Saturday, October 19, 2013

Powell a precursor of Alice Munro?

Part 2 of Anthony Powell's The Kindly Ones, volume 6 ofhis series Dance to the Music of Time, gets back to the whacky, gossipy style of the first 5 volumes - moving away from Jenkins's recollections of his pre-WWI childhood in the remote countryside, and now we get the cavalcade of names and their complex relationships, who married whom and why and for how long - it's kind of a primer to remind us (me) of the characters we'd gotten to know in the earlier volumes. I'm still at sea - and no doubt meant to be; part of the fun of this series is the complex web of relationships that all touch on issues of class, sex, war, politics, and art to varying degrees - and the funny thing is that, no matter how many relationships and inter-relations Powell develops, the whole novel, all of England!, seems to consist of about 20 people who just keep running into one another. As with the other novels in the series, it takes some time for the theme or the plot to come into focus for the reader - in this way, Powell is an unacknowledged precursor of Alice Munro. Gradually, though, it's becoming apparent that a key player in this volume will be crackpot religious fanatic and cult leader Trelawney - suddenly everyone, including the rather staid and socially upper crust retired general - seems to know this guy and actually to have followed his cult with some interest. Hm. The other theme emerging is the marriage of J's friend to a young woman who it seems may have been a prostitute and surely was involved with a high-standing person in their set - and how his marriage takes him out of the London scene, away from the art scene, and into some kind of isolation. It's taking a lot to get my mind around all these characters, and Powell blithely ignores one of the fundamental rules of fiction: telling rather than showing - there is so much to tell before he sets his story in motion - but his smart yet easy style carries the story along and holds my interest, at least for now. Unlike Ford Madox Ford, with whom he makes an interesting comparison, Powell works in short segments, and in more or less straight chronology, so his novels, while equally complex and allusive and rich in the politics and events of the day, are not nearly so daunting for the (American, contemporary) reader.

Friday, October 18, 2013

The Eve of Destruction - Powell's The Kindly Ones and the outbreak of war

I'm afraid I was a little unfair to Anthony Powell in yesterday's post, comparing him unfavorably to Proust. There are great similarities between Proust's Search and Powell's Dance to the Music of Time, in regard to structure, focus, use of first-person narrative - but also tremendous differences.

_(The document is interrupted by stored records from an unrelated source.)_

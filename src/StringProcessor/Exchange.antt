-- ===== src/StringProcessor/Exchange.antt =====
-- Exchanges with the converter: a text flipped twice, a text too long by one, the choice of the mode,
-- and the module's start and end.
use embedded_basecamp.Prelude.{
  ℕ, suc, ◌+◌, ◌-◌, ◌≤◌, ◌≡◌, refl, ap, subst, ◌∙◌, true, false, Option, none, some, List, [], ◌∷◌,
  ◌++◌, arith, length, get_elem?, drop, map, mem, ltb, ◌⊎◌, inl, inr, Bool-cases, Option-cases,
  length-append, if◌then◌else◌,
}
use embedded_basecamp.Prelude.Int.{ℤ, pos, eqb_ℤ}
use embedded_basecamp.Bytes.{
  length-laid, write_at, write_all, c_string, laid, c_string-append, write_all-laid,
}
use embedded_basecamp.StringProcessor.{flip, uppercase, buffer_size}
use embedded_basecamp.StringProcessor.Convert.{
  to_write, upper_source, to_upper_string, space, isdigit, tokens, reverse_tokens, reverse_source,
  reverse_string_words, init_converter_module,
}
use embedded_basecamp.StringProcessor.Device.{
  Converter, procfs_read_callback, convert, procfs_write_callback, convert_to_enum, eio, len_msg,
  conv_conf_store,
}
use embedded_basecamp.StringProcessor.Words.{
  flipped, length-flipped, get_elem-append, spaced, spaced-flipped, reverse_tokens-laid,
}
use embedded_basecamp.StringProcessor.Flip.{flipped-flipped, mem-flipped}
use embedded_basecamp.StringProcessor.Transfer.{
  take_whole, length-map, converted, drop-get, Fits, written, write-read, length-converted,
}
use embedded_basecamp.StringProcessor.Life.{
  Held, nothing, Answers, string_processor_init, string_processor_exit, start,
  remove_procfs_entries, deinit_converter_module, sysfs_handler_cleanup, init_sysfs_handler,
}

module _ (toupper : ℕ → ℕ) (digits : (c : ℕ) → isdigit c ≡ true → toupper c ≡ c) where
  -- The next message of the same length fits as well.
  Fits-next :
      (d : Converter) (s t after : List ℕ)
      → Fits toupper digits s d
      → length t ≡ length s
      → mem 0 t ≡ false
      → length (converted toupper d.active_conversion_mode s ++ after) ≡ buffer_size
      → Fits toupper digits t
          (record (written toupper digits d s
            (converted toupper d.active_conversion_mode s ++ after)) {
              proc_msg_read_pos = 0 + length s;
            })
  Fits-next d s t after fits len z room = record {
    no_zero = z;
    short = omega (arith, fits.short);
    zero_behind =
        rw (len, drop-get (length s) 0 d.proc_buffer_in fits.zero_behind)
          (get_elem-append s (drop (suc (length s)) d.proc_buffer_in) 0);
    room = room;
    allocated = fits.allocated;
  }

  -- In the mode `flip`: a short text that is written, and read, and written again as it was read, is
  -- read as it was in the beginning.
  pub procfs_write_callback-flip :
      (d : Converter) (s : List ℕ)
      → Fits toupper digits s d
      → d.active_conversion_mode ≡ flip
      → (d1 d2 d3 d4 : Converter) × (t : List ℕ) × (procfs_write_callback toupper s 0 d
          ≡ some (length s, d1))
        × (procfs_read_callback (length s) 0 d1 ≡ some (length s, t, d2))
        × (procfs_write_callback toupper t 0 d2 ≡ some (length t, d3))
        × (procfs_read_callback (length t) 0 d3 ≡ some (length t, s, d4))
  procfs_write_callback-flip d s fits mode =
      let (after, run1, bytes1, size1) =
        write-read toupper digits d s (length s) fits (omega arith) in
      let t = converted toupper d.active_conversion_mode s in
      let is : t ≡ flipped s = rw mode refl in
      let d1 = written toupper digits d s (t ++ after) in
      let d2 = record d1 { proc_msg_read_pos = 0 + length s } in
      let again : Fits toupper digits t d2 =
        Fits-next d s t after fits (length-converted toupper d.active_conversion_mode s)
          (rw is (mem-flipped 0 s refl ∙ fits.no_zero)) (size1 ∙ fits.room) in
      let (after', run2, bytes2, size2) =
        write-read toupper digits d2 t (length t) again (omega arith) in
      let back : converted toupper d.active_conversion_mode t ≡ s =
        rw (is, mode) (flipped-flipped s) in
      let d3 =
        written toupper digits d2 t (converted toupper d.active_conversion_mode t ++ after') in
      let d4 = record d3 { proc_msg_read_pos = 0 + length t } in
      let answer : List ℕ → Option (ℕ × List ℕ × Converter) = λ cs. some (length t, cs, d4) in
      (d1, d2, d3, d4, t, run1, bytes1, run2, bytes2 ∙ ap answer back)

write_at_beyond : (b : List ℕ) (i v : ℕ) → length b ≤ i → write_at b i v ≡ none
unfolding write_at
write_at_beyond b i v h = ground arith

module _ (s b : List ℕ) (long : length s + 1 ≡ buffer_size) (size : length b ≡ buffer_size) where
  small : ltb buffer_size (length s + 1) ≡ false
  small = ground arith

  reverse_source-overflow : reverse_source true s b ≡ none
  reverse_source-overflow =
      let ys = spaced (tokens s) in
      let n : length ys ≡ length s + 1 =
        rw (spaced-flipped s)
          (omega (arith, length-append (flipped s) (space ∷ []), length-flipped s)) in
      let run : reverse_tokens (tokens s) 0 b ≡ some (laid ys b) =
        reverse_tokens-laid (tokens s) [] b (omega arith) in
      let room = length-laid ys b (omega arith) in
      rw (small, run) (write_at_beyond (laid ys b) (length s + 1) 0 (omega (arith, room)))

  upper_source-overflow : (toupper : ℕ → ℕ) → upper_source toupper s b ≡ none
  upper_source-overflow toupper =
      let ys = map (to_write toupper) s in
      let n = length-map (to_write toupper) s in
      let run : write_all ys 0 b ≡ some (laid ys b) = write_all-laid ys [] b (omega arith) in
      let room = length-laid ys b (omega arith) in
      rw (small, run) (write_at_beyond (laid ys b) (length s + 1) 0 (omega (arith, room)))

-- A text one byte shorter than the buffers, with a 0 behind it, passes the test of the length, and
-- the conversions to flipped words and to upper case then write past the end of the output buffer.
pub procfs_write_callback-overflow :
    (toupper : ℕ → ℕ) (d : Converter) (s : List ℕ)
    → mem 0 s ≡ false
    → length s + 1 ≡ buffer_size
    → get_elem? d.proc_buffer_in (length s) ≡ some 0
    → length d.proc_buffer_out ≡ buffer_size
    → d.processing ≡ true
    → (d.active_conversion_mode ≡ flip) ⊎ (d.active_conversion_mode ≡ uppercase)
    → procfs_write_callback toupper s 0 d ≡ none
unfolding procfs_write_callback convert reverse_string_words to_upper_string
procfs_write_callback-overflow toupper d s z long behind size p mode =
    let n : (if ltb buffer_size (length s) then buffer_size else length s) - 0 ≡ length s =
      ground arith in
    let source : c_string (laid s d.proc_buffer_in) ≡ some s =
      rw (drop-get (length s) 0 d.proc_buffer_in behind)
        (c_string-append s (drop (suc (length s)) d.proc_buffer_in) z) in
    elim mode [
      | inl e ↦
          rw (n, take_whole s, e, source, p)
            (rw (reverse_source-overflow s d.proc_buffer_out long size) refl)
      | inr e ↦
          rw (n, take_whole s, e, source)
            (rw (upper_source-overflow s d.proc_buffer_out long size toupper) refl)
    ]

-- A text of more than 15 bytes is refused and changes nothing. Any other is kept, and with the
-- callback registered it sets the mode to the one of its number, to `none_conversion` if it has none;
-- the buffers and what is unread stay.
pub conv_conf_store-cases :
    (kstrtos32 : List ℕ → ℤ) (text : List ℕ) (d : Converter)
    → d.callback_set ≡ true
    → ((suc len_msg ≤ length text) × (conv_conf_store kstrtos32 text d ≡ (eio, d)))
      ⊎ ((d' : Converter) × (conv_conf_store kstrtos32 text d ≡ (pos (length text), d'))
          × (d'.active_conversion_mode ≡ convert_to_enum (kstrtos32 text))
          × (d'.buf_msg ≡ text)
          × (d'.proc_buffer_in ≡ d.proc_buffer_in)
          × (d'.proc_buffer_out ≡ d.proc_buffer_out)
          × (d'.proc_msg_length ≡ d.proc_msg_length)
          × (d'.proc_msg_read_pos ≡ d.proc_msg_read_pos))
unfolding conv_conf_store
conv_conf_store-cases kstrtos32 text d on = elim (Bool-cases (ltb len_msg (length text))) [
  | inl h ↦ inl (ground arith, rw h refl)
  | inr h ↦
      let mode = convert_to_enum (kstrtos32 text) in
      let d' = record d { buf_msg = text; active_conversion_mode = mode } in
      inr (d', rw (h, on) refl, refl, refl, refl, refl, refl, refl)
]

abbrev Cleaned : Option (ℤ × Held) → Type 0
Cleaned none = Unit
Cleaned (some (e, h)) =
    ((e ≡ pos 0) × (string_processor_exit h ≡ record nothing { callback = true }))
    ⊎ ((eqb_ℤ e (pos 0) ≡ false) × (h ≡ nothing))

cleaned-start :
    (a : Answers)
    → a.kmalloc_in ≡ true
    → a.kmalloc_out ≡ true
    → a.proc_mkdir ≡ true
    → a.proc_create ≡ true
    → Cleaned (string_processor_init a nothing)
unfolding string_processor_init string_processor_exit start remove_procfs_entries
    deinit_converter_module sysfs_handler_cleanup init_sysfs_handler init_converter_module
cleaned-start a h1 h2 h3 h4 = elim (Option-cases a.block) [
  | inl k ↦ rw (h1, h2, h3, h4, k) tt
  | inr (first, k) ↦ elim (Bool-cases a.class_create) [
    | inl c ↦ rw (h1, h2, h3, h4, k, c) (inl (refl, refl))
    | inr c ↦ rw (h1, h2, h3, h4, k, c) tt
  ]
]

cleaned : (a : Answers) → Cleaned (string_processor_init a nothing)
unfolding string_processor_init string_processor_exit remove_procfs_entries deinit_converter_module
    sysfs_handler_cleanup
cleaned a = elim (Bool-cases a.kmalloc_in) [
  | inr h1 ↦ rw h1 (inr (refl, refl))
  | inl h1 ↦ elim (Bool-cases a.kmalloc_out) [
    | inr h2 ↦ rw (h1, h2) (inr (refl, refl))
    | inl h2 ↦ elim (Bool-cases a.proc_mkdir) [
      | inr h3 ↦ rw (h1, h2, h3) (inr (refl, refl))
      | inl h3 ↦ elim (Bool-cases a.proc_create) [
        | inr h4 ↦ rw (h1, h2, h3, h4) (inr (refl, refl))
        | inl h4 ↦ cleaned-start a h1 h2 h3 h4
      ]
    ]
  ]
]

-- Whatever the kernel answers: string_processor_init faults, or returns 0 and string_processor_exit
-- gives all back but the pointer to the callback, or returns an error and has given all back.
pub string_processor_init-clean :
    (a : Answers) (e : ℤ) (h : Held)
    → string_processor_init a nothing ≡ some (e, h)
    → ((e ≡ pos 0) × (string_processor_exit h ≡ record nothing { callback = true }))
      ⊎ ((eqb_ℤ e (pos 0) ≡ false) × (h ≡ nothing))
string_processor_init-clean a e h run = subst Cleaned run (cleaned a)

-- Without memory for the third buffer string_processor_init faults, where it means to fail.
pub string_processor_init-no_buffer :
    (a : Answers)
    → a.kmalloc_in ≡ true
    → a.kmalloc_out ≡ true
    → a.proc_mkdir ≡ true
    → a.proc_create ≡ true
    → a.block ≡ none
    → string_processor_init a nothing ≡ none
unfolding string_processor_init start init_converter_module
string_processor_init-no_buffer a h1 h2 h3 h4 h5 = rw (h1, h2, h3, h4, h5) refl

Nobody works language and describes not only a scene but the ineffable moments of time and sensation and memory and desire as Proust does. Powell actually doesn't try to do that - his style is much more efficient, clear, and to the point - although he very often turns a fine phrase, often to comic effect (often at the end of a paragraph). The time frame of his work is vast, as in Proust, but he is more directly focused on social events and upheaval - the volume I'm reading now, The Kindly Ones, is set on the eve of WWI and he does a fine job of showing life in a remote and down-at-the-heels estate just before the war, and then explodes the entire narrative with a flash-forward to all the casualties of war that will effect or eradicate so many of the characters in part one of this volume. Most of all, he is swift and sure at creating a dramatic, and a comic, scene - the images are indelible in our minds - even if not as deep and mysterious as Proust - they are quite well delineated: the young narrator's visit with the servant to a military encampment and his observation of a prisoner who'd lopped off a finger to avoid service, the many discussions about the new "motor cars" and their difficulty and unreliability, most of all the strange breakdown of one of the servants who suddenly appears in the dining hall start naked - the world is going crazy, coming apart at the seams, so to speak, and the very young Jenkins - now a mature narrator looking back on his life - is trying to make sense of what's going on around him, even though much is senseless and transient. (Also as a note - his parents and in particular his uncle are playing a larger role in this volume than I'd initially thought, from the first 30 pp. that concentrated on the servants.) A more interesting comparison might be with F.M. Ford and Parade's End, which I'll think about in a future post.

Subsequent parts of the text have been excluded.